### PROVIDED INFORMATION
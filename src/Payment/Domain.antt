-- ===== src/Payment/Domain.antt =====
-- services/payment-service/internal/domain/payment.go and internal/payhere/payhere.go.
-- `md5` is the upper-case hexadecimal MD5 sum, `to_upper` is `strings.ToUpper`.
use Prim.Native.Char.{code}
use match_mate_dating_web.Base.{
  ℕ, Bool, true, false, not, ◌&&◌, ◌||◌, Option, String, ltb, ◌==◌, nat_eq, string_eq,
  if◌then◌else◌,
}
use match_mate_dating_web.Base.Result.{Result, fail_if, ◌>>◌}
use match_mate_dating_web.Base.Text.{◌<>◌, is_digit, trim_space, currency_pattern}

pub data State : Type 0 where
  pending completed failed review : State

abbrev pub is_pending : State → Bool
is_pending State.pending = true
is_pending _ = false

abbrev pub is_completed : State → Bool
is_completed State.completed = true
is_completed _ = false

abbrev pub is_review : State → Bool
is_review State.review = true
is_review _ = false

pub record Payment : Type 0 where
  pub id : String
  pub booking_id : String
  pub account_id : String
  pub order_id : String
  pub amount : String
  pub currency : String
  pub provider : String
  pub provider_payment_id : String
  pub state : State
  pub version : ℕ
  pub created_at : ℕ
  pub updated_at : ℕ
  pub completed_at : Option ℕ

pub record BookingSnapshot : Type 0 where
  pub booking_id : String
  pub account_id : String
  pub amount : String
  pub currency : String
  pub status : String
  pub expires_at : ℕ

-- `\.[0-9]{2}$`
abbrev two_cents : String → Bool
two_cents (String.◌∷◌ a (String.◌∷◌ b (String.◌∷◌ c String.[]))) =
    code a == b'.' && (is_digit b && is_digit c)
two_cents _ = false

-- `[0-9]*\.[0-9]{2}$`
unfoldable pub digits_and_cents : String → Bool
digits_and_cents String.[] = false
digits_and_cents (String.◌∷◌ c s) =
    let rest = digits_and_cents s in if is_digit c then rest else two_cents (String.◌∷◌ c s)

-- `moneyPattern`: `^(0|[1-9][0-9]*)\.[0-9]{2}$`
unfoldable pub money_pattern : String → Bool
unfolding digits_and_cents
money_pattern String.[] = false
money_pattern (String.◌∷◌ c s) =
    if code c == b'0' then two_cents s else is_digit c && digits_and_cents s

pub data SnapshotProblem : Type 0 where
  not_accessible not_pending hold_expired invalid_price : SnapshotProblem

unfoldable pub validate_snapshot : BookingSnapshot → String → ℕ → Result SnapshotProblem (Unit {0})
validate_snapshot s actor now = do
  fail_if (s.booking_id == "" || not (s.account_id == actor)) not_accessible
  fail_if (not (s.status == "PENDING_PAYMENT")) not_pending
  fail_if (not (ltb now s.expires_at)) hold_expired
  fail_if (not (money_pattern s.amount) || not (currency_pattern s.currency)) invalid_price

unfoldable pub callback_state : String → State
callback_state status =
    let code = trim_space status in
    if code == "2"
    then State.completed
    else (if code == "-1" || (code == "-2" || code == "-3") then State.failed else State.pending)

pub record Config : Type 0 where
  pub merchant_id : String
  pub merchant_secret : String
  pub checkout_url : String

pub record Notification : Type 0 where
  pub merchant_id : String
  pub order_id : String
  pub payment_id : String
  pub amount : String
  pub currency : String
  pub status_code : String
  pub signature : String

pub data NotificationProblem : Type 0 where
  missing_field merchant_mismatch signature_mismatch : NotificationProblem

unfoldable pub request_hash :
    (String → String) → String → String → String → String → String → String
request_hash md5 merchant order amount currency secret =
    md5 (merchant <> order <> amount <> currency <> md5 secret)

unfoldable pub notification_hash : (String → String) → Notification → String → String
notification_hash md5 n secret =
    md5 (n.merchant_id <> n.order_id <> n.amount <> n.currency <> n.status_code <> md5 secret)

unfoldable pub verify_notification :
    (String → String)
    → (String → String)
    → Notification
    → Config
    → Result NotificationProblem (Unit {0})
verify_notification md5 to_upper n config = do
  fail_if
      (n.merchant_id == ""
        || (n.order_id == ""
            || (n.amount == ""
                || (n.currency == "" || (n.status_code == "" || n.signature == "")))))
      missing_field
  fail_if (not (n.merchant_id == config.merchant_id)) merchant_mismatch
  fail_if (not (notification_hash md5 n config.merchant_secret == to_upper n.signature))
      signature_mismatch
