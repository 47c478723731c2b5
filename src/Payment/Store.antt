-- ===== src/Payment/Store.antt =====
-- services/payment-service/internal/store/postgres/repository.go, with the tables of
-- services/payment-service/migrations. As in the booking store a transaction runs on its own,
-- `fault n` says that the call's n-th round trip fails, `ids n` is its n-th `uuid.NewString`.
pub mod Checkouts
pub mod Reconciliation
pub mod Callbacks
pub mod Valid
pub mod Keeps
pub mod Effects
pub mod Settlement
use Prim.Native.Char.{code}
use match_mate_dating_web.Base.{
  ℕ, ◌+◌, Bool, true, false, not, ◌&&◌, ◌||◌, Option, none, some, List, [], ◌∷◌, ◌++◌, String, leb,
  ◌==◌, nat_eq, string_eq, if◌then◌else◌, any,
}
use match_mate_dating_web.Base.Tables.{find, update_row}
use match_mate_dating_web.Base.Text.{◌<>◌}
use match_mate_dating_web.Base.Result.{Result, ok, err, fail_if, ◌>>=◌, ◌>>◌}
use match_mate_dating_web.Payment.Domain.{
  State, Payment, Notification, is_pending, is_completed, is_review, callback_state,
}

pub record IdempotencyRecord : Type 0 where
  pub actor_id : String
  pub key : String
  pub fingerprint : String
  pub payment_id : String
  pub created_at : ℕ

pub record Callback : Type 0 where
  pub fingerprint : String
  pub payment_id : Option String
  pub order_id : String
  pub provider_payment_id : String
  pub verification_result : String
  pub received_at : ℕ

pub record Audit : Type 0 where
  pub payment_id : String
  pub action : String
  pub to_state : State
  pub actor_id : String
  pub reason_code : String
  pub occurred_at : ℕ

pub record Fact : Type 0 where
  pub event_id : String
  pub event_type : String
  pub aggregate_id : String
  pub actor_id : String
  pub booking_id : String
  pub amount : String
  pub currency : String
  pub occurred_at : ℕ

pub record Db : Type 0 where
  pub payments : List Payment
  pub idempotency : List IdempotencyRecord
  pub callbacks : List Callback
  pub audit : List Audit
  pub outbox : List Fact

abbrev pub empty : Db
empty = record { payments = []; idempotency = []; callbacks = []; audit = []; outbox = [] }

pub data Error : Type 0 where
  conflict not_found no_rows check_violation unique_violation store_failed : Error

abbrev pub or_no_rows : {A : Type 0} → Option A → Error → Result Error A
or_no_rows none e = err e
or_no_rows (some a) e = ok a

abbrev pub has_id : String → Payment → Bool
has_id id p = p.id == id

abbrev pub has_order : String → Payment → Bool
has_order order p = p.order_id == order

abbrev pub of_booking : String → String → Payment → Bool
of_booking booking actor p = p.booking_id == booking && p.account_id == actor

abbrev pub has_key : String → String → IdempotencyRecord → Bool
has_key actor key r = r.actor_id == actor && r.key == key

abbrev pub has_fingerprint : String → Callback → Bool
has_fingerprint fp c = c.fingerprint == fp

-- The unique columns of `payment`.
abbrev pub collides : Payment → Payment → Bool
collides p old = old.id == p.id || (old.order_id == p.order_id || old.booking_id == p.booking_id)

-- `CHECK (amount > 0)`, on the text of an amount: some digit is not zero.
unfoldable pub is_positive : String → Bool
is_positive String.[] = false
is_positive (String.◌∷◌ c s) = (leb b'1' (code c) && leb (code c) b'9') || is_positive s

abbrev pub payment_fact : String → String → Payment → String → ℕ → Fact
payment_fact id event_type p actor at = record {
  event_id = id;
  event_type = event_type;
  aggregate_id = p.id;
  actor_id = actor;
  booking_id = p.booking_id;
  amount = p.amount;
  currency = p.currency;
  occurred_at = at;
}
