-- ===== src/Payment/Store/Callbacks.antt =====
-- services/payment-service/internal/store/postgres/repository.go: `ApplyCallback`.
use match_mate_dating_web.Base.{
  ℕ, ◌+◌, Bool, true, false, not, ◌&&◌, Option, none, some, [], ◌∷◌, ◌++◌, String, ◌==◌, nat_eq,
  string_eq, if◌then◌else◌, any,
}
use match_mate_dating_web.Base.Tables.{find, update_row}
use match_mate_dating_web.Base.Result.{Result, ok, fail_if, ◌>>=◌, ◌>>◌}
use match_mate_dating_web.Base.Text.{◌<>◌}
use match_mate_dating_web.Payment.Domain.{
  State, Payment, Notification, is_pending, is_completed, is_review, callback_state,
}
use match_mate_dating_web.Payment.Store.{
  Callback, Db, Error, has_id, has_order, has_fingerprint, payment_fact, unique_violation,
  store_failed,
}

-- The text that is hashed to the fingerprint of a callback.
abbrev pub raw_callback : Notification → String
raw_callback n =
    n.merchant_id <> "|" <> n.order_id <> "|" <> n.payment_id <> "|" <> n.amount <> "|"
    <> n.currency <> "|" <> n.status_code <> "|" <> n.signature

abbrev pub matches : Notification → String → Payment → Bool
matches n verification p =
    verification == "VERIFIED" && (n.amount == p.amount && n.currency == p.currency)

abbrev pub next_state : Notification → String → Payment → State
next_state n verification p =
    if matches n verification p then callback_state n.status_code else State.review

abbrev pub reason : Notification → String → Payment → String
reason n verification p =
    if matches n verification p then "PROVIDER_STATUS_" <> n.status_code else "CALLBACK_MISMATCH"

abbrev pub callback_event : State → String
callback_event next =
    if is_review next
    then "PaymentReviewRequired"
    else (if is_completed next then "PaymentCompleted" else "PaymentFailed")

-- `UPDATE payment SET state=…` on the row of the payment.
abbrev pub settle_row : State → String → ℕ → Payment → Payment
settle_row next provider_id now p = record p {
  state = next;
  provider_payment_id = provider_id;
  version = p.version + 1;
  updated_at = now;
  completed_at = if is_completed next then some now else p.completed_at;
}

-- The unique column `provider_payment_id`, which holds NULL for the empty text.
abbrev pub takes_provider_id : String → String → Payment → Bool
takes_provider_id id provider_id old =
    not (provider_id == "") && (not (old.id == id) && old.provider_payment_id == provider_id)

abbrev pub callback_row : String → Option String → Notification → String → ℕ → Callback
callback_row fp payment n verification now = record {
  fingerprint = fp;
  payment_id = payment;
  order_id = n.order_id;
  provider_payment_id = n.payment_id;
  verification_result = verification;
  received_at = now;
}

abbrev pub settled : (ℕ → String) → Notification → String → ℕ → Payment → Db → Db
settled ids n verification now p db =
    let next = next_state n verification p in
    record {
      payments = update_row (has_id p.id) (settle_row next n.payment_id now) db.payments;
      idempotency = db.idempotency;
      callbacks = db.callbacks;
      audit =
          db.audit
          ++ record {
            payment_id = p.id;
            action = "CALLBACK";
            to_state = next;
            actor_id = "system:payhere";
            reason_code = reason n verification p;
            occurred_at = now;
          }
            ∷ [];
      outbox = db.outbox ++ payment_fact (ids 2) (callback_event next) p "system:payhere" now ∷ [];
    }

abbrev pub changes : Notification → String → Payment → Bool
changes n verification p = is_pending p.state && not (is_pending (next_state n verification p))

-- `ApplyCallback`, for a known payment and a fingerprint that is new.
unfoldable pub settle :
    (ℕ → Bool)
    → (ℕ → String)
    → Notification
    → String
    → ℕ
    → Payment
    → Db
    → Result Error ((Payment × Bool) × Db)
settle fault ids n verification now p db =
    if changes n verification p
    then (do
      fail_if (any (takes_provider_id p.id n.payment_id) db.payments) unique_violation
      fail_if (fault 4) store_failed
      fail_if (fault 5) store_failed
      fail_if (fault 6) store_failed
      fail_if (fault 3) store_failed
      ok (
        (record p { state = next_state n verification p }, false),
        settled ids n verification now p db,
      ))
    else (do fail_if (fault 3) store_failed; ok ((p, true), db))

-- `ApplyCallback`; `sha` is the hexadecimal SHA-256 sum. `none` stands for the zero payment.
unfoldable pub apply_callback :
    (String → String)
    → (ℕ → Bool)
    → (ℕ → String)
    → Notification
    → String
    → ℕ
    → Db
    → Result Error ((Option Payment × Bool) × Db)
apply_callback sha fault ids n verification now db = do
  fail_if (fault 0) store_failed
  fail_if (fault 1) store_failed
  fail_if (fault 2) store_failed
  let fp = sha (raw_callback n)
  let known = any (has_fingerprint fp) db.callbacks
  elim (find (has_order n.order_id) db.payments) [
    | none ↦ do
      fail_if (fault 3) store_failed
      ok (
        (none, false),
        if known then db else record db {
          callbacks = db.callbacks ++ callback_row fp none n "REVIEW_UNKNOWN_ORDER" now ∷ [];
        },
      )
    | some p ↦ if known then (do fail_if (fault 3) store_failed; ok ((some p, true), db)) else (do
      r ← settle fault ids n verification now p (record db {
        callbacks = db.callbacks ++ callback_row fp (some p.id) n verification now ∷ [];
      })
      ok ((some r.0.0, r.0.1), r.1))
  ]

### ACTION ITEM
Print the lines above from the one with "filename src/Payment/Store.antt" through the one with "says that the", both included, exactly as written and nothing more.

### RESPONSE TO THIS EXERCISE
filename src/Payment/Store.antt
-- ===== src/Payment/Store.antt =====
-- services/payment-service/internal/store/postgres/repository.go, with the tables of
-- services/payment-service/migrations. As in the booking store a transaction runs on its own,
-- `fault n` says that the call's n-th round trip fails, `ids n` is its n-th `uuid.NewString`.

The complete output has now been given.